━━━━━ DATA SHOWN ━━━━━
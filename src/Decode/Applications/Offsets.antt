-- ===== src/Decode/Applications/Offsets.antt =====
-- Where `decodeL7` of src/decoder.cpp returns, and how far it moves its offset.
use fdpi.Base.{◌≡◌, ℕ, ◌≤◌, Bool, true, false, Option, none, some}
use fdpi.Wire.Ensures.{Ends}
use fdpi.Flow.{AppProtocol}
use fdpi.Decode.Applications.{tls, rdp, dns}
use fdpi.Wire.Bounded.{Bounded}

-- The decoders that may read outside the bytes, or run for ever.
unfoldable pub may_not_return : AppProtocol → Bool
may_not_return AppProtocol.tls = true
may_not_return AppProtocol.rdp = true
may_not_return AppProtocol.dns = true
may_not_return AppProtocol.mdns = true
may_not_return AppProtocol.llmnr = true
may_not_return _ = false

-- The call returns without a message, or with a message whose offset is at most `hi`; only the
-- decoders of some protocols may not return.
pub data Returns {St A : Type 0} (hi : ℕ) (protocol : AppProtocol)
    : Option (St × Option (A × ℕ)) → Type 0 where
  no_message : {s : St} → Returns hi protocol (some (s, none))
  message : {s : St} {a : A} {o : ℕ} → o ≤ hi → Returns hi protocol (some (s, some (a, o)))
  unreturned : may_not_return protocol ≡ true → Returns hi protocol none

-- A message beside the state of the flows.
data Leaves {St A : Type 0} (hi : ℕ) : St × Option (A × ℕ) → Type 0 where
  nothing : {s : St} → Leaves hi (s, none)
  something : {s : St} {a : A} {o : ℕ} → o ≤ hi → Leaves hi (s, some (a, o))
━━━━━
> **DIRECTIONS FOR THIS TASK**:
Go line by line through the data above and report each one that holds the string "antt".

> **SOLUTION TO THE EXERCISE**:
filename src/Decode/Applications/Offsets.antt
-- ===== src/Decode/Applications/Offsets.antt =====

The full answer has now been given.